International Symposium on Software Composition

Data validation

In computer science, data validation is the process of ensuring data have undergone data cleansing to ensure they have data quality, that is, that they are both correct and useful. It uses routines, often called "validation rules" "validation constraints" or "check routines", that check for correctness, meaningfulness, and security of data that are input to the system. The rules may be implemented through the automated facilities of a data dictionary, or by the inclusion of explicit application program validation logic.

Data validation is intended to provide certain well-defined guarantees for fitness, accuracy, and consistency for any of various kinds of user input into an application or automated system. Data validation rules can be defined and designed using any of various methodologies, and be deployed in any of various contexts.

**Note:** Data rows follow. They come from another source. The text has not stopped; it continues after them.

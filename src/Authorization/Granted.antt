-- ===== src/Authorization/Granted.antt =====
-- authorization.py: what `EnterprisePolicy` allows, and what the roles of `RoleCatalog` keep apart.
use mathlib.Core.Option.{some-injective}
use aegis_framework_platform.Base.{
  ℕ, ◌≤◌, ◌<◌, String, ◌≡◌, refl, sym, ◌∙◌, subst, ◌↔◌, ◌⊎◌, inl, inr, Bool, true, false, not, ◌&&◌,
  Bool-cases, Option-cases, Option, none, some, List, [], ◌∷◌, arith, ◌==◌, if◌then◌else◌,
  string_eq, contains, beq-eq_true,
}
use aegis_framework_platform.Interoperability.Kinds.{RiskLevel}
use aegis_framework_platform.Interoperability.Trust.{is_none, sorted_set, insert_text, text_insert}
use aegis_framework_platform.Authorization.{
  Action, action_value, risk_order, GrantBinding, GrantedIdentity, PolicyRecord, definition,
  action_values, permissions_for, is_binding, first_binding, binding_reason, policy_reason,
  denial_reason, authorize,
}

abbrev pub Any {ℓ} : {A : Type ℓ} → (A → Type 0) → List A → Type 0
Any P [] = ⊥
Any P (x ∷ xs) = P x ⊎ Any P xs

module _ (action : Action) (purpose : String) (risk : RiskLevel) (now : ℕ) where
  -- A grant that is current, of the purpose, with the permission, and not below the risk.
  pub record Covers (grant : GrantBinding) : Type 0 where
    pub current : now < grant.expires_at
    pub of_purpose : grant.purpose ≡ purpose
    pub permits : contains (action_value action) grant.permissions ≡ true
    pub bounds : risk_order risk ≤ risk_order grant.risk_ceiling

  -- A policy that allows the action, the purpose and the risk.
  pub record Allows (policy : PolicyRecord) : Type 0 where
    pub action_allowed : contains (action_value action) policy.allowed_actions ≡ true
    pub purpose_allowed : contains purpose policy.allowed_purposes ≡ true
    pub within : risk_order risk ≤ risk_order policy.max_risk

  is_binding-Covers :
      (grant : GrantBinding) → (is_binding action purpose risk now grant ≡ true) ↔ Covers grant
  unfolding is_binding
  is_binding-Covers grant = (
    λ h. record {
      current = ground arith;
      of_purpose = beq-eq_true grant.purpose purpose (ground arith);
      permits = ground arith;
      bounds = ground arith;
    },
    λ c. ground (
      arith,
      c.current,
      c.of_purpose,
      c.permits,
      c.bounds,
      string_eq.beq_iff grant.purpose purpose,
    ),
  )

  first_binding-Any :
      (grants : List GrantBinding)
      → (binding_reason (first_binding (is_binding action purpose risk now) grants) ≡ none)
        ↔ Any Covers grants
  unfolding binding_reason first_binding
  first_binding-Any [] = (λ h. cc h, λ a. elim a [ ])
  first_binding-Any (g ∷ gs) = elim (Bool-cases (is_binding action purpose risk now g)) [
    | inl fits ↦ (λ h. inl ((is_binding-Covers g).0 fits), λ a. rw fits)
    | inr other ↦ (
      λ h. inr ((first_binding-Any gs).0 (rw other at h)),
      λ a. rw other (
          (first_binding-Any gs).1
            (elim a [ inl c ↦ cc (other, (is_binding-Covers g).1 c) | inr later ↦ later ])),
    )
  ]

-- The request is for the tenant of an identity that has not expired, under a policy that allows
-- it, and within one of the identity's grants.
pub record IsGranted (current_policy : String → Option PolicyRecord) (now : ℕ)
    (identity : GrantedIdentity) (action : Action) (resource_tenant_id purpose : String)
    (risk : RiskLevel) : Type 0 where
  pub own_tenant : identity.tenant_id ≡ resource_tenant_id
  pub current : now < identity.expires_at
  pub policy : PolicyRecord
  pub in_force : current_policy resource_tenant_id ≡ some policy
  pub allows : Allows action purpose risk now policy
  pub granted : Any (Covers action purpose risk now) identity.grants

allowed-back :
    (identity : GrantedIdentity) (action : Action) (resource_tenant_id purpose : String)
    (risk : RiskLevel) (now : ℕ) (policy : PolicyRecord)
    → identity.tenant_id ≡ resource_tenant_id
    → now < identity.expires_at
    → Allows action purpose risk now policy
    → Any (Covers action purpose risk now) identity.grants
    → is_none (denial_reason identity action resource_tenant_id purpose risk (some policy) now)
      ≡ true
unfolding is_none denial_reason policy_reason
allowed-back identity action resource_tenant_id purpose risk now policy own current allows granted =
    let found = (first_binding-Any action purpose risk now identity.grants).1 granted in
    ground (
      arith,
      found,
      allows.action_allowed,
      allows.purpose_allowed,
      allows.within,
      string_eq.beq_iff identity.tenant_id resource_tenant_id,
    )

-- authorize allows an action exactly if the resource is of the tenant of the identity, the identity
-- has not expired, the tenant has a current policy that lists the action and the purpose and whose
-- highest risk is not below the risk, and the identity has a grant that has not expired, is for the
-- purpose, lists the action and has a ceiling not below the risk.
pub authorize-IsGranted :
    (current_policy : String → Option PolicyRecord) (now : ℕ) (identity : GrantedIdentity)
    (action : Action) (resource_tenant_id purpose : String) (risk : RiskLevel)
    → ((authorize current_policy now identity action resource_tenant_id purpose risk).allowed
        ≡ true)
      ↔ IsGranted current_policy now identity action resource_tenant_id purpose risk
unfolding authorize is_none denial_reason policy_reason
authorize-IsGranted current_policy now identity action resource_tenant_id purpose risk =
    elim (Option-cases (current_policy resource_tenant_id)) [
      | inl absent ↦
          (λ h. absurd (ground (arith, absent, rw absent at h)), λ g. cc (absent, g.in_force))
      | inr (policy, in_force) ↦ (
        λ h.
            let k = rw in_force at h in
            record {
              own_tenant = beq-eq_true identity.tenant_id resource_tenant_id (ground (arith, k));
              current = ground (arith, k);
              policy = policy;
              in_force = in_force;
              allows = record {
                action_allowed = ground (arith, k);
                purpose_allowed = ground (arith, k);
                within = ground (arith, k);
              };
              granted =
                  (first_binding-Any action purpose risk now identity.grants).0 (ground (arith, k));
            },
        λ g.
            let same = some-injective g.policy policy (sym g.in_force ∙ in_force) in
            let kept = subst (λ p. Allows action purpose risk now p) same g.allows in
            rw in_force (
              allowed-back identity action resource_tenant_id purpose risk now policy g.own_tenant
                g.current kept g.granted),
      )
    ]

-- The three duties of a change: proposing, deciding and executing it.
abbrev pub separate : List String → Bool
separate permissions =
    not (contains "remediation:propose" permissions && contains "approval:decide" permissions)
    && not (contains "remediation:propose" permissions && contains "effect:execute" permissions)
    && not (contains "approval:decide" permissions && contains "effect:execute" permissions)

-- The roles' permissions, as a predicate on the actions of a role.
record IsSeparate (actions : List Action) : Type 0 where
  is_separate : separate (sorted_set (action_values actions)) ≡ true

if-IsSeparate :
    (b : Bool) {xs ys : List Action}
    → IsSeparate xs
    → IsSeparate ys
    → IsSeparate (if b then xs else ys)
if-IsSeparate true h k = h
if-IsSeparate false h k = k

definition-IsSeparate : (role : String) → IsSeparate (definition role)
unfolding definition action_values sorted_set insert_text text_insert action_value contains
definition-IsSeparate role =
    if-IsSeparate (role == "incident-responder") (record { is_separate = refl })
      (if-IsSeparate (role == "incident-viewer") (record { is_separate = refl })
        (if-IsSeparate (role == "tenant-admin") (record { is_separate = refl })
          (if-IsSeparate (role == "tenant-auditor") (record { is_separate = refl })
            (if-IsSeparate (role == "workload-investigator") (record { is_separate = refl })
              (if-IsSeparate (role == "incident-commander") (record { is_separate = refl })
                (if-IsSeparate (role == "change-approver") (record { is_separate = refl })
                  (if-IsSeparate (role == "effect-worker") (record { is_separate = refl })
                    (record { is_separate = refl }))))))))

-- The permissions of a role hold at most one of proposing a remediation, deciding on an approval
-- and executing an effect.
pub permissions_for-separate : (role : String) → separate (permissions_for role) ≡ true
unfolding permissions_for
permissions_for-separate role = (definition-IsSeparate role).is_separate
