-- ===== src/Authorization/Tests.antt =====
-- Tests of `EnterprisePolicy` and `RoleCatalog`.
use aegis_framework_platform.Base.{
  String, ◌≡◌, refl, ◌↔◌, true, false, contains, Option, none, some, [], ◌∷◌,
}
use aegis_framework_platform.Interoperability.Kinds.{low, medium, high}
use aegis_framework_platform.Interoperability.Trust.{is_none, sorted_set, insert_text, text_insert}
use aegis_framework_platform.Authorization.{
  remediation_propose, approval_decide, GrantedIdentity, PolicyRecord, permissions_for, authorize,
  denial_reason, policy_reason, binding_reason, first_binding, is_binding, action_value, risk_order,
  policy_name, definition, action_values,
}
use aegis_framework_platform.Authorization.Granted.{
  IsGranted, authorize-IsGranted, separate, permissions_for-separate,
}

abbrev responder : GrantedIdentity
responder = record {
  tenant_id = "acme";
  grants =
      record {
        role = "incident-responder";
        purpose = "response";
        permissions = "remediation:propose" ∷ [];
        risk_ceiling = medium;
        expires_at = 50;
      }
      ∷ [];
  expires_at = 100;
}

abbrev acme_policy : PolicyRecord
acme_policy = record {
  policy_id = "standard";
  tenant_id = "acme";
  revision = 4;
  allowed_actions = "approval:decide" ∷ "remediation:propose" ∷ [];
  allowed_purposes = "response" ∷ [];
  max_risk = high;
  version = 4;
}

abbrev in_force : String → Option PolicyRecord
in_force tenant_id = some acme_policy

grant_runs_out :
    (authorize in_force 50 responder remediation_propose "acme" "response" low).reason
    ≡ "no_current_purpose_grant"
unfolding authorize is_none denial_reason policy_reason binding_reason first_binding is_binding
    action_value risk_order policy_name contains
grant_runs_out = refl

above_ceiling :
    (authorize in_force 10 responder remediation_propose "acme" "response" high).allowed ≡ false
unfolding authorize is_none denial_reason policy_reason binding_reason first_binding is_binding
    action_value risk_order policy_name contains
above_ceiling = refl

not_granted :
    (authorize in_force 10 responder approval_decide "acme" "response" low).reason
    ≡ "no_current_purpose_grant"
unfolding authorize is_none denial_reason policy_reason binding_reason first_binding is_binding
    action_value risk_order policy_name contains
not_granted = refl

no_policy :
    (authorize (λ tenant_id. none) 10 responder approval_decide "acme" "response" low).policy_id
    ≡ "deny-all:no-policy"
unfolding authorize is_none denial_reason policy_reason binding_reason first_binding is_binding
    action_value risk_order policy_name contains
no_policy = refl

commander :
    permissions_for "incident-commander"
    ≡ "approval:decide" ∷ "approval:revoke" ∷ "effect:read" ∷ "remediation:read" ∷ []
unfolding permissions_for definition action_values sorted_set insert_text text_insert action_value
commander = refl

authorize-IsGranted_example :
    ((authorize in_force 10 responder remediation_propose "acme" "response" medium).allowed ≡ true)
    ↔ IsGranted in_force 10 responder remediation_propose "acme" "response" medium
authorize-IsGranted_example =
    authorize-IsGranted in_force 10 responder remediation_propose "acme" "response" medium

permissions_for-separate_example : separate (permissions_for "tenant-admin") ≡ true
permissions_for-separate_example = permissions_for-separate "tenant-admin"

For business applications, data validation can be defined through declarative data integrity rules, or procedure-based business rules. Data that does not conform to these rules will negatively affect business process execution. Therefore, data validation should start with business process definition and set of business rules within this process. Rules can be collected through the requirements capture exercise.

The simplest kind of data type validation verifies that the individual characters provided through user input are consistent with the expected characters of one or more known primitive data types; as defined in a programming language or data storage and retrieval mechanism as well as the specification of the following primitive data types: 1) integer; 2) float (decimal); or 3) string.

A validation process involves two distinct steps: (a) Validation Check and (b) Post-Check action. The check step uses one or more computational rules (see section below) to determine if the data is valid. The Post-validation action sends feedback to help enforce validation.

Simple range and constraint validation may examine user input for consistency with a minimum/maximum range, or consistency with a test for evaluating a sequence of characters, such as one or more tests against regular expressions. For example, a US phone number should have 10 digits and no letters or special characters.

Code and cross-reference validation includes tests for data type validation, combined with one or more operations to verify that the user-supplied data is consistent with one or more external rules, requirements, or validity constraints relevant to a particular organization, context or set of underlying assumptions. These additional validity constraints may involve cross-referencing supplied data with a known look-up table or directory information service such as LDAP.

A Validation rule is a criterion or constraint used in the process of data validation, carried out after the data has been encoded onto an input medium and involves a data vet or validation program. This is distinct from formal verification, where the operation of a program is determined to be that which was intended, and that meets the purpose. The Validation rule or check system still used by many major software manufacturers was designed by an employee at Microsoft sometime between 1997 and 1999.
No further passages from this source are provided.